Print the records exactly. Miss nothing.

Start of SUPPLIED ENTRIES

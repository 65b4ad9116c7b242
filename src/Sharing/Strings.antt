-- ===== src/Sharing/Strings.antt =====
-- `sshbuf_froms`: a child over the string at the front of a buffer.
use libopenssh.Base.{
  inl, inr, ℕ, ◌+◌, ◌-◌, ◌^◌, ◌≡◌, ◌<◌, refl, ◌∙◌, Bool, true, false, arith, Bytes, some, none,
  length, take, drop, ◌==◌, take_all, length-take, length-drop,
}
use libopenssh.Err.{Result, ok, err, fault, alloc_fail, message_incomplete}
use libopenssh.Libc.{size_t}
use libopenssh.Sshbuf.{Sshbuf, from, borrowed, consume}
use libopenssh.Sshbuf.Sanity.{WellFormed, insane-IsSane}
use libopenssh.Sshbuf.Content.{
  content, length-content, advance, consume_ok, advance-WellFormed, content-advance,
}
use libopenssh.Getput.{u32_of}
use libopenssh.Getput.Codec.{u32_of-lt}
use libopenssh.Getput.GetString.{
  HasString, Incomplete, front_string, front_cases, peek_complete, peek-Incomplete,
}
use libopenssh.Sharing.{Store, update, linked, returned, taken, froms}
use libopenssh.Sharing.Drop.{here}
use libopenssh.Sharing.Lifetime.{held, set_parent-ok}

-- The struct that is made over the string of `n` bytes.
abbrev pub string_view : ℕ → Sshbuf → Sshbuf
string_view n b = borrowed (b.cd + b.off + 4) (front_string n b) n

module _ (b : Sshbuf) (w : WellFormed b) (n : ℕ) (h : HasString n b) where
  length-front_string : length (front_string n b) ≡ n
  length-front_string =
      omega (arith, length-take n (drop 4 (content b)), length-drop 4 (content b), h.2)

  string_view-WellFormed : WellFormed (string_view n b)
  string_view-WellFormed = ground (arith, length-front_string, length-content b w, h.2)

  string_view-content : content (string_view n b) ≡ front_string n b
  unfolding content
  string_view-content = take_all (front_string n b) (n - 0) (omega (arith, length-front_string))

  from-string_view : from true (b.cd + b.off + 4) (front_string n b) n ≡ some (string_view n b)
  unfolding from
  from-string_view = ground (arith, length-content b w, h.2)

  taken-linked :
      (new_id i : ℕ) (st : Store)
      → taken new_id i (string_view n b) st (consume (size_t (n + 4)) b) ≡ (
        linked new_id i
            (string_view n b)
            (advance (n + 4) b)
            (update st i (some (advance (n + 4) b))),
        ok tt,
      )
  unfolding taken
  taken-linked new_id i st =
      let lt : n < 2 ^ 32 = omega (arith, u32_of-lt (content b), h.1) in
      let e : size_t (n + 4) ≡ n + 4 = omega arith in
      rw (e, consume_ok b (n + 4) w h.2)
        (set_parent-ok new_id i (string_view n b) (advance (n + 4) b) _
          (insane-IsSane _ string_view-WellFormed.sane)
          (insane-IsSane _ (advance-WellFormed b (n + 4) w h.2).sane))

-- What `sshbuf_froms` does with the store: a complete string is taken off the queue, and a read-only
-- child holds it; otherwise nothing changes.
abbrev pub StringViewed : Bool → Store → ℕ → ℕ → Sshbuf → Store × Result ℕ → Type 0
StringViewed struct_ok st new_id i b (out, ok k) =
    (n : ℕ) × HasString n b
    × (struct_ok ≡ true)
    × (k ≡ new_id)
    × (out new_id ≡ some (record (string_view n b) { parent = some i }))
    × WellFormed (string_view n b)
    × (content (string_view n b) ≡ front_string n b)
    × (out i ≡ some (held (advance (n + 4) b)))
    × (content (advance (n + 4) b) ≡ drop (n + 4) (content b))
    × ((j : ℕ) → (j == new_id) ≡ false → (j == i) ≡ false → out j ≡ st j)
StringViewed struct_ok st new_id i b (out, err alloc_fail) =
    (struct_ok ≡ false) × (HasString (u32_of (content b)) b) × (out ≡ st)
StringViewed struct_ok st new_id i b (out, err message_incomplete) = Incomplete b × (out ≡ st)
StringViewed struct_ok st new_id i b (out, err _) = ⊥
StringViewed struct_ok st new_id i b (out, fault) = ⊥

linked_pair :
    (new_id i : ℕ) (c p : Sshbuf) (st : Store)
    → (new_id == i) ≡ false
    → (linked new_id i c p st new_id ≡ some (record c { parent = some i }))
      × (linked new_id i c p st i ≡ some (held p))
      × ((j : ℕ) → (j == new_id) ≡ false → (j == i) ≡ false → linked new_id i c p st j ≡ st j)
linked_pair new_id i c p st apart =
    (rw (apart, here new_id) refl, rw (here i) refl, λ j h k. rw (k, h) refl)

from_refused : (p : ℕ) (blob : Bytes) (n : ℕ) → from false p blob n ≡ none
unfolding from
from_refused p blob n = ground arith

froms_complete :
    (struct_ok : Bool) (new_id i n : ℕ) (b : Sshbuf) (st : Store)
    → WellFormed b
    → HasString n b
    → (new_id == i) ≡ false
    → (out : Store × Result ℕ) × (froms struct_ok new_id i b st ≡ some out)
      × StringViewed struct_ok st new_id i b out
unfolding froms
froms_complete true new_id i n b st w h apart =
    let (p, seen, is, long) = peek_complete b w n h in
    let run = from-string_view b w n h in
    let made = update st new_id (some (string_view n b)) in
    let rest = update made i (some (advance (n + 4) b)) in
    let (c, q, others) = linked_pair new_id i (string_view n b) (advance (n + 4) b) rest apart in
    (
      (linked new_id i (string_view n b) (advance (n + 4) b) rest, ok new_id),
      rw (seen, is, run, taken-linked b w n h new_id i made, froms) (unfold returned in refl),
      (
        n,
        h,
        refl,
        refl,
        c,
        string_view-WellFormed b w n h,
        string_view-content b w n h,
        q,
        content-advance b (n + 4) w h.2,
        λ j k l. others j k l ∙ rw (l, k) refl,
      ),
    )
froms_complete false new_id i n b st w h apart =
    let (p, seen, is, long) = peek_complete b w n h in
    (
      (st, err alloc_fail),
      rw (seen, from_refused (b.cd + b.off + 4) (take n p) n, froms) refl,
      (refl, (h.0, refl, omega (arith, h.1, h.2)), refl),
    )

-- On a well-formed buffer sshbuf_froms takes one complete length-prefixed string off the queue and
-- returns a well-formed read-only child that holds the string, with the buffer held once more as its
-- parent; with an incomplete string, or without memory for the struct, it reports that and changes
-- nothing.
pub froms-StringViewed :
    (struct_ok : Bool) (new_id i : ℕ) (b : Sshbuf) (st : Store)
    → WellFormed b
    → (new_id == i) ≡ false
    → (out : Store × Result ℕ) × (froms struct_ok new_id i b st ≡ some out)
      × StringViewed struct_ok st new_id i b out
unfolding froms
froms-StringViewed struct_ok new_id i b st w apart = elim (front_cases b) [
  | inl has ↦ froms_complete struct_ok new_id i (u32_of (content b)) b st w has apart
  | inr not_all ↦ (
    (st, err message_incomplete),
    (rw (peek-Incomplete b w not_all, froms) refl),
    (not_all, refl),
  )
]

End of SUPPLIED ENTRIES

▶ TASK RESPONSE
repository 65b4ad9116c7b242
filename src/Sharing/Strings.antt
-- ===== src/Sharing/Strings.antt =====
-- `sshbuf_froms`: a child over the string at the front of a buffer.
use libopenssh.Base.{
  inl, inr, ℕ, ◌+◌, ◌-◌, ◌^◌, ◌≡◌, ◌<◌, refl, ◌∙◌, Bool, true, false, arith, Bytes, some, none,
  length, take, drop, ◌==◌, take_all, length-take, length-drop,
}
use libopenssh.Err.{Result, ok, err, fault, alloc_fail, message_incomplete}
use libopenssh.Libc.{size_t}
use libopenssh.Sshbuf.{Sshbuf, from, borrowed, consume}
use libopenssh.Sshbuf.Sanity.{WellFormed, insane-IsSane}
use libopenssh.Sshbuf.Content.{
  content, length-content, advance, consume_ok, advance-WellFormed, content-advance,
}
use libopenssh.Getput.{u32_of}
use libopenssh.Getput.Codec.{u32_of-lt}
use libopenssh.Getput.GetString.{
  HasString, Incomplete, front_string, front_cases, peek_complete, peek-Incomplete,
}
use libopenssh.Sharing.{Store, update, linked, returned, taken, froms}
use libopenssh.Sharing.Drop.{here}
use libopenssh.Sharing.Lifetime.{held, set_parent-ok}

-- The struct that is made over the string of `n` bytes.
abbrev pub string_view : ℕ → Sshbuf → Sshbuf
string_view n b = borrowed (b.cd + b.off + 4) (front_string n b) n

module _ (b : Sshbuf) (w : WellFormed b) (n : ℕ) (h : HasString n b) where
  length-front_string : length (front_string n b) ≡ n
  length-front_string =
      omega (arith, length-take n (drop 4 (content b)), length-drop 4 (content b), h.2)

  string_view-WellFormed : WellFormed (string_view n b)
  string_view-WellFormed = ground (arith, length-front_string, length-content b w, h.2)

  string_view-content : content (string_view n b) ≡ front_string n b
  unfolding content
  string_view-content = take_all (front_string n b) (n - 0) (omega (arith, length-front_string))

  from-string_view : from true (b.cd + b.off + 4) (front_string n b) n ≡ some (string_view n b)
  unfolding from
  from-string_view = ground (arith, length-content b w, h.2)

  taken-linked :
      (new_id i : ℕ) (st : Store)
      → taken new_id i (string_view n b) st (consume (size_t (n + 4)) b) ≡ (
        linked new_id i
            (string_view n b)
            (advance (n + 4) b)
            (update st i (some (advance (n + 4) b))),
        ok tt,
      )
  unfolding taken
  taken-linked new_id i st =
      let lt : n < 2 ^ 32 = omega (arith, u32_of-lt (content b), h.1) in
      let e : size_t (n + 4) ≡ n + 4 = omega arith in
      rw (e, consume_ok b (n + 4) w h.2)
        (set_parent-ok new_id i (string_view n b) (advance (n + 4) b) _
          (insane-IsSane _ string_view-WellFormed.sane)
          (insane-IsSane _ (advance-WellFormed b (n + 4) w h.2).sane))

-- What `sshbuf_froms` does with the store: a complete string is taken off the queue, and a read-only
-- child holds it; otherwise nothing changes.
abbrev pub StringViewed : Bool → Store → ℕ → ℕ → Sshbuf → Store × Result ℕ → Type 0
StringViewed struct_ok st new_id i b (out, ok k) =
    (n : ℕ) × HasString n b
    × (struct_ok ≡ true)
    × (k ≡ new_id)
    × (out new_id ≡ some (record (string_view n b) { parent = some i }))
    × WellFormed (string_view n b)
    × (content (string_view n b) ≡ front_string n b)
    × (out i ≡ some (held (advance (n + 4) b)))
    × (content (advance (n + 4) b) ≡ drop (n + 4) (content b))
    × ((j : ℕ) → (j == new_id) ≡ false → (j == i) ≡ false → out j ≡ st j)
StringViewed struct_ok st new_id i b (out, err alloc_fail) =
    (struct_ok ≡ false) × (HasString (u32_of (content b)) b) × (out ≡ st)
StringViewed struct_ok st new_id i b (out, err message_incomplete) = Incomplete b × (out ≡ st)
StringViewed struct_ok st new_id i b (out, err _) = ⊥
StringViewed struct_ok st new_id i b (out, fault) = ⊥

linked_pair :
    (new_id i : ℕ) (c p : Sshbuf) (st : Store)
    → (new_id == i) ≡ false
    → (linked new_id i c p st new_id ≡ some (record c { parent = some i }))
      × (linked new_id i c p st i ≡ some (held p))
      × ((j : ℕ) → (j == new_id) ≡ false → (j == i) ≡ false → linked new_id i c p st j ≡ st j)
linked_pair new_id i c p st apart =
    (rw (apart, here new_id) refl, rw (here i) refl, λ j h k. rw (k, h) refl)

from_refused : (p : ℕ) (blob : Bytes) (n : ℕ) → from false p blob n ≡ none
unfolding from
from_refused p blob n = ground arith

froms_complete :
    (struct_ok : Bool) (new_id i n : ℕ) (b : Sshbuf) (st : Store)
    → WellFormed b
    → HasString n b
    → (new_id == i) ≡ false
    → (out : Store × Result ℕ) × (froms struct_ok new_id i b st ≡ some out)
      × StringViewed struct_ok st new_id i b out
unfolding froms
froms_complete true new_id i n b st w h apart =
    let (p, seen, is, long) = peek_complete b w n h in
    let run = from-string_view b w n h in
    let made = update st new_id (some (string_view n b)) in
    let rest = update made i (some (advance (n + 4) b)) in
    let (c, q, others) = linked_pair new_id i (string_view n b) (advance (n + 4) b) rest apart in
    (
      (linked new_id i (string_view n b) (advance (n + 4) b) rest, ok new_id),
      rw (seen, is, run, taken-linked b w n h new_id i made, froms) (unfold returned in refl),
      (
        n,
        h,
        refl,
        refl,
        c,
        string_view-WellFormed b w n h,
        string_view-content b w n h,
        q,
        content-advance b (n + 4) w h.2,
        λ j k l. others j k l ∙ rw (l, k) refl,
      ),
    )
froms_complete false new_id i n b st w h apart =
    let (p, seen, is, long) = peek_complete b w n h in
    (
      (st, err alloc_fail),
      rw (seen, from_refused (b.cd + b.off + 4) (take n p) n, froms) refl,
      (refl, (h.0, refl, omega (arith, h.1, h.2)), refl),
    )

-- On a well-formed buffer sshbuf_froms takes one complete length-prefixed string off the queue and
-- returns a well-formed read-only child that holds the string, with the buffer held once more as its
-- parent; with an incomplete string, or without memory for the struct, it reports that and changes
-- nothing.
pub froms-StringViewed :
    (struct_ok : Bool) (new_id i : ℕ) (b : Sshbuf) (st : Store)
    → WellFormed b
    → (new_id == i) ≡ false
    → (out : Store × Result ℕ) × (froms struct_ok new_id i b st ≡ some out)
      × StringViewed struct_ok st new_id i b out
unfolding froms
froms-StringViewed struct_ok new_id i b st w apart = elim (front_cases b) [
  | inl has ↦ froms_complete struct_ok new_id i (u32_of (content b)) b st w has apart
  | inr not_all ↦ (
    (st, err message_incomplete),
    (rw (peek-Incomplete b w not_all, froms) refl),
    (not_all, refl),
  )
]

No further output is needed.